— Exercise —
Each line from the one containing "segments [] = [] ∷ []" through the final line of the records is to be repeated exactly, with no additions.

[Provided material — start]

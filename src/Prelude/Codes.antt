-- ===== src/Prelude/Codes.antt =====
-- Operations of `str` on code points: prefixes, small letters, and the parts between slashes.
use Prim.Native.Nat.{ℕ, ◌+◌}
use Prim.Native.String.{String}
use mathlib.Core.Bool.{Bool, true, false, ◌&&◌}
use mathlib.Core.List.{List, [], ◌∷◌, map}
use previously_on.Prelude.Tests.{if◌then◌else◌, leb, nat_eq, nat_partial_eq}
use previously_on.Prelude.Lists.{any, list_eq}
use previously_on.Prelude.Text.{codes}

-- `starts_with`, on code points.
abbrev pub begins : List ℕ → List ℕ → Bool
begins [] text = true
begins (s ∷ symbol) [] = false
begins (s ∷ symbol) (c ∷ text) = nat_eq s c && begins symbol text

-- `to_ascii_lowercase`.
unfoldable pub to_ascii_lowercase : List ℕ → List ℕ
to_ascii_lowercase = map (λ c. if leb b'A' c && leb c b'Z' then c + 32 else c)

-- A `match` on one of several names.
unfoldable pub is_one_of : List ℕ → List String → Bool
is_one_of name names = any (λ s. list_eq name (codes s)) names

-- `split('/')`.
unfoldable pub segments : List ℕ → List (List ℕ)
segments [] = [] ∷ []
segments (c ∷ text) = elim (segments text) [
  | [] ↦ []
  | segment ∷ rest ↦ if nat_eq c b'/' then [] ∷ segment ∷ rest else (c ∷ segment) ∷ rest
]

[Provided material — finish]

— Solution for this problem —
segments [] = [] ∷ []
segments (c ∷ text) = elim (segments text) [
  | [] ↦ []
  | segment ∷ rest ↦ if nat_eq c b'/' then [] ∷ segment ∷ rest else (c ∷ segment) ∷ rest
]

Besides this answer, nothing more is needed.